Adolf Eichmann
Prozess in Jerusalem
Adolf Eichmann war u.a. der Leiter der „Zentralstelle für jüdische Auswanderung“ in Wien und Leiter des Judenreferats im Reichssicherheitshauptamt. Dort war er für die Deportation der Juden zuständig, die in den Vernichtungsstätten ermordet wurden.
Adolf Eichmann, Prozess in Jerusalem
1942 nahm Eichmann an der Wannseekonferenz teil und fertigte nach Heydrichs Anweisungen das Protokoll an. Nach dem Krieg setzte er sich nach Südamerika ab, wurde aber vom israelischen Geheimdienst aufgespürt und nach Israel gebracht [vgl. auch Jürgen Langowski, Argumente gegen Auschwitzleugner, S. 93-95].
Die Aussage Eichmanns in Jerusalem, aus der hier ein Ausschnitt zitiert wird, liegt auch als Tondokument vor. Eichmann sagte dort
Die Endlösung der Judenfrage selbst, also ich meine jetzt mal diesen Sonderauftrag zum Beispiel, den Heydrich bekommen hat, um es mal ganz krass zu sagen, die Tötung, war kein Reichsgesetz gewesen, das war ein Führerbefehl gewesen, ein sogenannter Führerbefehl gewesen, und Himmler und Heydrich und der Chef des Verwaltungs- und Wirtschaftshauptamtes haben sich als Chefs nun in diesen Führerbefehl geteilt. Nach der damaligen Rechtsauffassung, die allgemein war, hieß es: Führerworte haben Gesetzeskraft.
Adolf Eichmann, Aussage bei seinem Prozess in Jerusalem, 1961
Das Protokoll der Wannsee-Konferenz ist für Holocaustleugner ein unangenehmes Dokument und muss daher diskreditiert werden. Johannes Peter Ney hat es mit fragwürdigen Mitteln versucht, und kein „Revisionist“ hatte Fragen.

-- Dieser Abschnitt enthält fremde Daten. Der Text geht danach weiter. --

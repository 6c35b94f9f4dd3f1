-- ===== src/Tests/LifeCases.antt =====
-- Lives of the controller, with restarts, and interleavings of a clearing, at concrete inputs.
use zephyr_uds.Base.{ℕ, ◌+◌, ◌≤◌, ◌≡◌, refl, false, List, [], ◌∷◌, arith}
use zephyr_uds.Types.{unlocked, brute_force_lockout, extended_session, physical, send}
use zephyr_uds.Platform.{default_config}
use zephyr_uds.Platform.WeakDefaults.{weak_defaults}
use zephyr_uds.Security
use zephyr_uds.Security.{is_locked_out}
use zephyr_uds.Security.Automaton.{access, follow, asks, presents, relocks, expires}
use zephyr_uds.Server.State.{Server}
use zephyr_uds.Server.Machine.{
  Moment, happens, restarts, received, lockout_expires, power_on, step, run, live,
}
use zephyr_uds.Server.Lock.Sound.{IsSound, live-IsSound}
use zephyr_uds.Server.Lock.Lives.{guesses_in_life, guesses_bounded_for_life}
use zephyr_uds.Session
use zephyr_uds.Routine
use zephyr_uds.Reset
use zephyr_uds.ClearDtc
use zephyr_uds.Server.Services
use zephyr_uds.Server.State.{perform, perform_all, send_nrc}
use zephyr_uds.Server.Process.{serve, service, process_request}
use zephyr_uds.Server.Machine
use zephyr_uds.Server.Machine.{receive, moment, restart}
use zephyr_uds.Server.Lock.LockoutTimer.{watch_lockout, lockout_timed}
use zephyr_uds.Server.Lock.Admission.{
  alive, session_message, seed_message, key_message, tester_gets_in,
}
use zephyr_uds.Server.Lock.PowerLoss.{failure_writes, written, started, power_loss_in_failure}
use zephyr_uds.Base.{take}
use zephyr_uds.Types.{seed_requested, locked}
use zephyr_uds.Security.{Security}
use zephyr_uds.Tests.Bench.{put, blank}
use zephyr_uds.Server.Lock.Refinement.{signals, live-eq-follow}
use zephyr_uds.Tests.Bench.{
  World, zeros, bench_os, bench_app, bench_nvs, bench_fills, default_config-IsConfig,
}
use zephyr_uds.Tests.LifeBench.{weak_behaved, bench_behaved, fresh_weak-IsSound, fresh-IsSound}
use zephyr_uds.Tests.ServerBench.{fresh}

abbrev seed : Moment
seed = happens (received physical seed_message)

abbrev key : ℕ → Moment
key first = happens (received physical (key_message (first ∷ 1 ∷ 2 ∷ 3 ∷ [])))

-- A wrong key, a reboot, a right key, and a loss of power.
abbrev life : List Moment
life = seed ∷ key 8 ∷ restarts zeros 0 ∷ seed ∷ key 9 ∷ restarts zeros 7 ∷ []

-- Three wrong keys, which start a lockout, a reboot in it, its end, and one more.
abbrev attack : List Moment
attack =
    seed
    ∷ key 1
    ∷ seed
    ∷ key 2
    ∷ seed
    ∷ key 3
    ∷ restarts zeros 0
    ∷ happens lockout_expires
    ∷ seed
    ∷ key 4
    ∷ []

live-IsSound_example :
    IsSound default_config bench_os bench_app (live default_config bench_os bench_app fresh life)
live-IsSound_example =
    live-IsSound default_config bench_os bench_app bench_behaved fresh life fresh-IsSound

-- What the automaton is told of the attack.
attack-signals :
    signals default_config bench_os bench_app fresh attack
    ≡ asks
      ∷ presents false
      ∷ asks
      ∷ presents false
      ∷ asks
      ∷ presents false
      ∷ relocks
      ∷ expires
      ∷ asks
      ∷ presents false
      ∷ []
unfolding signals moment restart step receive process_request serve service Services.security_access
    Security.handle_request Security.request_seed Security.generate_seed Security.send_key
    Security.local_key Security.grant Security.count_failure Security.lockout_timer_expiry
    Session.refresh_timer perform_all perform send_nrc Machine.init Session.init Security.init
    Security.restore Routine.init Reset.init ClearDtc.init power_on Security.power_on
attack-signals = refl

live-eq-follow_example :
    access (live default_config bench_os bench_app fresh attack).security
    ≡ follow 3
        (record { status = locked; failures = 0 })
        (signals default_config bench_os bench_app fresh attack)
unfolding power_on Security.power_on
live-eq-follow_example =
    live-eq-follow default_config bench_os bench_app bench_behaved fresh attack fresh-IsSound

guesses_bounded_for_life_example :
    guesses_in_life default_config bench_os (weak_defaults World) fresh attack + 0 ≤ 6
unfolding weak_defaults power_on Security.power_on
guesses_bounded_for_life_example =
    guesses_bounded_for_life default_config bench_os (weak_defaults World) weak_behaved
      (λ w level bytes tried. refl) fresh attack fresh_weak-IsSound

lockout_timed_example :
    let (armed, s) = watch_lockout default_config bench_os bench_app false fresh attack in
    armed ≡ is_locked_out s.security.status
unfolding power_on Security.power_on
lockout_timed_example = lockout_timed default_config bench_os bench_app false fresh attack refl

abbrev key_of : List ℕ → List ℕ
key_of bytes = 9 ∷ 1 ∷ 2 ∷ 3 ∷ []

abbrev locked_out : Server World
locked_out = record fresh {
  security = record {
    status = brute_force_lockout;
    generated_seed = 1 ∷ 2 ∷ 3 ∷ 4 ∷ [];
    failed_attempts_counter = 3;
  };
}

tester_gets_in_example :
    let s0 = (run default_config bench_os bench_app locked_out (lockout_expires ∷ [])).0 in
    let s1 = (step default_config bench_os bench_app s0 (received physical session_message)).0 in
    let (s2, answer) = step default_config bench_os bench_app s1 (received physical seed_message) in
    let (s3, answer') =
      step default_config bench_os bench_app s2
        (received physical (key_message (key_of s2.security.generated_seed))) in
    (answer
      ≡ alive default_config bench_os bench_app
        ∷ send (0x67 ∷ 0x01 ∷ s2.security.generated_seed)
        ∷ [])
    × (answer' ≡ alive default_config bench_os bench_app ∷ send (0x67 ∷ 0x02 ∷ []) ∷ [])
    × (s3.session ≡ extended_session)
    × (s3.security.status ≡ unlocked)
unfolding power_on Security.power_on
tester_gets_in_example =
    tester_gets_in default_config bench_os bench_app (omega arith) bench_fills key_of
      (record { accepted = λ w bytes. refl; sized = λ bytes size. refl }) locked_out refl

-- Two failed keys, and the power lost behind the first write for the third.
abbrev two_failed : Security
two_failed = record {
  status = seed_requested;
  generated_seed = 1 ∷ 2 ∷ 3 ∷ 4 ∷ [];
  failed_attempts_counter = 2;
}

abbrev two_failures : World
two_failures = put blank 1 (2 ∷ [])

power_loss_in_failure_example :
    let writes = failure_writes default_config bench_os bench_app two_failed in
    let s' =
      started default_config bench_os bench_app
        (written default_config bench_os bench_app two_failures (take 1 writes)) in
    ((Security.count_failure default_config bench_os bench_app two_failures two_failed zeros
        zeros).1.world
      ≡ written default_config bench_os bench_app two_failures writes)
    × (s'.failed_attempts_counter ≡ 3)
    × (s'.status ≡ locked)
power_loss_in_failure_example =
    power_loss_in_failure default_config bench_os bench_app bench_nvs default_config-IsConfig
      bench_behaved.up two_failures two_failed zeros zeros 1 (ground arith)
      (record { counter = refl; lockout = refl }) (λ e. ground arith)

Eichmann stellte sich trotz seiner hohen Position in der NS-Hierarchie als Befehlsempfänger und „kleines Licht“ dar. Er war Bürokrat, der Befehle befolgte, weil sie eben Befehle waren. Hannah Arendt nannte dies die „Banalität des Bösen“. Banal nicht, weil es harmlos war, sondern weil die Grausamkeit so alltäglich und beiläufig geschah. Eichmann sah keine Menschen, sondern Verwaltungsvorgänge und Abläufe, die er zu optimieren hatte. Er tat etwas Schreckliches, er wusste es, und sah trotzdem nur seine Befehle und die Akten.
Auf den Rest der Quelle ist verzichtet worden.